YOUR OBJECTIVE — Filter the listing and keep only the lines with the word "Bool".

==== EXTRACTED MATERIAL ====

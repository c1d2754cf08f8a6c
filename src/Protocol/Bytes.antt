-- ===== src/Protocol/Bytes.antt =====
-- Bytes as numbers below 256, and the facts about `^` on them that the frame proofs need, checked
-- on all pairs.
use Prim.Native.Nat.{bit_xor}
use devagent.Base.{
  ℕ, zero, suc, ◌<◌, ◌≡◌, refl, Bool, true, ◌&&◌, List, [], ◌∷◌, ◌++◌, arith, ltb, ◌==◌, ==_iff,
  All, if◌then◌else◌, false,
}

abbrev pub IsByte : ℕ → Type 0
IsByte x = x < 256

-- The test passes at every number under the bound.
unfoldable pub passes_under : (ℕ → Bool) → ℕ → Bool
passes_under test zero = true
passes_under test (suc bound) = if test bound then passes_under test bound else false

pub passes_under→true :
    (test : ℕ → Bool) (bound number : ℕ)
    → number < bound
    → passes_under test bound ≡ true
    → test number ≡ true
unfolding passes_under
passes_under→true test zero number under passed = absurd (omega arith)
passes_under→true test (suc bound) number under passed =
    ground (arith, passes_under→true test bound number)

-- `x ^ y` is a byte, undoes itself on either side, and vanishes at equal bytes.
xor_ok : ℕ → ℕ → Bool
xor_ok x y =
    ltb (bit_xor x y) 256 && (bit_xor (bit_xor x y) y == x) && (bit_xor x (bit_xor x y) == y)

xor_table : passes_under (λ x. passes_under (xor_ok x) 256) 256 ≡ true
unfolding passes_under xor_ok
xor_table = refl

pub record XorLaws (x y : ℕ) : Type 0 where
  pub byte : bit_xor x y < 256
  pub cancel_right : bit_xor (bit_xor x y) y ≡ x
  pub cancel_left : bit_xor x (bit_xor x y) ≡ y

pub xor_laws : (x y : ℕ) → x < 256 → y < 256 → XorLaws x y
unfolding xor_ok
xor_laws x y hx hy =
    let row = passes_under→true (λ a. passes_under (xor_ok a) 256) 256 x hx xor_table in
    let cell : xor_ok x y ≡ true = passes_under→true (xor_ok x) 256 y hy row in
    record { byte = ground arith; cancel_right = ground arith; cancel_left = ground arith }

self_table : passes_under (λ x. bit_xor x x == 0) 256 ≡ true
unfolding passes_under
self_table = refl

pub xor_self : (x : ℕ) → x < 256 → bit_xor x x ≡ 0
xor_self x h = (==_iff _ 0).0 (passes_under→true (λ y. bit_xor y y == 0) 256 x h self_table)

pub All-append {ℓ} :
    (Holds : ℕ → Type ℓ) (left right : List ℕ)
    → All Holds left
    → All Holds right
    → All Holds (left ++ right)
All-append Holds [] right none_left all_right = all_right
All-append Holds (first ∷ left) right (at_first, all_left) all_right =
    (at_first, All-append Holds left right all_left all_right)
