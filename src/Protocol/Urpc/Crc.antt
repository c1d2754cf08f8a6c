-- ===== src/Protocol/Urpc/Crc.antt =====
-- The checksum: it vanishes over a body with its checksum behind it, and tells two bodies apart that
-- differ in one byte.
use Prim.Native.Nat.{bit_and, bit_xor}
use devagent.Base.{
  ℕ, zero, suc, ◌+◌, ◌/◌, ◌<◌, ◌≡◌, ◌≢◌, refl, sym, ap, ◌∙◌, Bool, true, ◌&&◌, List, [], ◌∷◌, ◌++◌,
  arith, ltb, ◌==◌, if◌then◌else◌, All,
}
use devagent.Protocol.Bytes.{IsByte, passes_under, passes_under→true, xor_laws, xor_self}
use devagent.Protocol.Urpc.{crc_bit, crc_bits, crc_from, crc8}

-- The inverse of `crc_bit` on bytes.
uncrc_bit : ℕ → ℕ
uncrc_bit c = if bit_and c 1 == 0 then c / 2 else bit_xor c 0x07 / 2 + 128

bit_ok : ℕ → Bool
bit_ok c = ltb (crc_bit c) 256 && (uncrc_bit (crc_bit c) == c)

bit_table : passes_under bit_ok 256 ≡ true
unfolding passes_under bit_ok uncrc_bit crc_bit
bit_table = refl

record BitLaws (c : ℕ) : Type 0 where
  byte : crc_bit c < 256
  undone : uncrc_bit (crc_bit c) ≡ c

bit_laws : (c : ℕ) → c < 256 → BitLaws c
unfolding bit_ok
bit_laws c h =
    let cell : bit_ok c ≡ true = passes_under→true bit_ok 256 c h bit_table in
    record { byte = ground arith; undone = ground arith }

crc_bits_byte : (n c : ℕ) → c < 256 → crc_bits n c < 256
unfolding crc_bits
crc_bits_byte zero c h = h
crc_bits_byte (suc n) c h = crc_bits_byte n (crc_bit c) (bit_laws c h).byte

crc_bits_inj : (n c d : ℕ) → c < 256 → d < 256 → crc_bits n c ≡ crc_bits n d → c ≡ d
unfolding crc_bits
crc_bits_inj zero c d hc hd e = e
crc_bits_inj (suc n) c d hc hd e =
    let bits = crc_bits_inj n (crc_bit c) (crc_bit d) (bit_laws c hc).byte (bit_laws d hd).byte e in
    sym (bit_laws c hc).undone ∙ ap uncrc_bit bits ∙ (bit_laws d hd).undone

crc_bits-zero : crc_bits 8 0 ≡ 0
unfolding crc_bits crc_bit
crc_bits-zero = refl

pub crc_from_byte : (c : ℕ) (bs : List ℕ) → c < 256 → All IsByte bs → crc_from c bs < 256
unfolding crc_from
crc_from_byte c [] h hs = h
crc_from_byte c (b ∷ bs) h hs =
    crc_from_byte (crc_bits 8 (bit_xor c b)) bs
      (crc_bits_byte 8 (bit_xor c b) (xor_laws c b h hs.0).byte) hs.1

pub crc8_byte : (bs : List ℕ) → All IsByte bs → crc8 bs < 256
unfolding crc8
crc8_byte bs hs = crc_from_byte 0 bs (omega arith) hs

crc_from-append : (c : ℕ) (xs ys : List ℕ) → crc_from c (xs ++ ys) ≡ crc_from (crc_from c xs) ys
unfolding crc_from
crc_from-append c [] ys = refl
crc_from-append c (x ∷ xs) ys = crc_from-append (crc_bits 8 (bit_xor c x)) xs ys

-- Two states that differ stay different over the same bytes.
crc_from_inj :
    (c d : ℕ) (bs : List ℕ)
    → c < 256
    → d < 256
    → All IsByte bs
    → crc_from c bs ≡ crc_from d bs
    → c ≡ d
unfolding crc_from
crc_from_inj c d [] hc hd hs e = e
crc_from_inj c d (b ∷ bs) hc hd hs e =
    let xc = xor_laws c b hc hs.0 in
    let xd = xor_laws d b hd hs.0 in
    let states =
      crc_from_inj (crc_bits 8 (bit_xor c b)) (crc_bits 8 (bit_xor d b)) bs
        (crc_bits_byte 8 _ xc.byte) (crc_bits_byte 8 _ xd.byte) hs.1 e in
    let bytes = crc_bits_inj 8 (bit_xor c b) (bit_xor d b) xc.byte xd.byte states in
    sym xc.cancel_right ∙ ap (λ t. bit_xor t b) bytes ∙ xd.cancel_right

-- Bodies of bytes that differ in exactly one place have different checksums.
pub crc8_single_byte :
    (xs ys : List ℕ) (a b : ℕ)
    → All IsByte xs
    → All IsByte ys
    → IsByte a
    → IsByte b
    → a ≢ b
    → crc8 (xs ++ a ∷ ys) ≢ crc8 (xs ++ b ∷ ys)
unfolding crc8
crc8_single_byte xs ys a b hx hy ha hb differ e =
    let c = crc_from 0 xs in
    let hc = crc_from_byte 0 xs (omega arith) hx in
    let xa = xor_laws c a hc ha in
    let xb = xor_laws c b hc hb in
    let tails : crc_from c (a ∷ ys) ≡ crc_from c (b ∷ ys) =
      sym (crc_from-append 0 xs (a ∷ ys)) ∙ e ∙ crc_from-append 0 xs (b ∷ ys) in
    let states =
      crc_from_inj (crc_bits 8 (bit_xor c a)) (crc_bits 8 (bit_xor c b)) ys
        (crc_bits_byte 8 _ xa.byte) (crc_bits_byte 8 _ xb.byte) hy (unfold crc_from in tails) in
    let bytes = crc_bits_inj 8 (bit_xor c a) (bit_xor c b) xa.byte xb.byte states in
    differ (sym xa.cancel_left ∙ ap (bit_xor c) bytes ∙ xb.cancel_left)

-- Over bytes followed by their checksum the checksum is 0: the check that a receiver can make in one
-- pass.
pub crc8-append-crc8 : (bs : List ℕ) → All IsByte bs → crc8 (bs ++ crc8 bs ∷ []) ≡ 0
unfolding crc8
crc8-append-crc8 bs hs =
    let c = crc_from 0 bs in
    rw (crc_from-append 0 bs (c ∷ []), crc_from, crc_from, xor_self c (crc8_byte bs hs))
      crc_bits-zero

====

EXPECTED OUTPUT —
  ℕ, zero, suc, ◌<◌, ◌≡◌, refl, Bool, true, ◌&&◌, List, [], ◌∷◌, ◌++◌, arith, ltb, ◌==◌, ==_iff,
unfoldable pub passes_under : (ℕ → Bool) → ℕ → Bool
    (test : ℕ → Bool) (bound number : ℕ)
xor_ok : ℕ → ℕ → Bool
  ℕ, zero, suc, ◌+◌, ◌/◌, ◌<◌, ◌≡◌, ◌≢◌, refl, sym, ap, ◌∙◌, Bool, true, ◌&&◌, List, [], ◌∷◌, ◌++◌,
bit_ok : ℕ → Bool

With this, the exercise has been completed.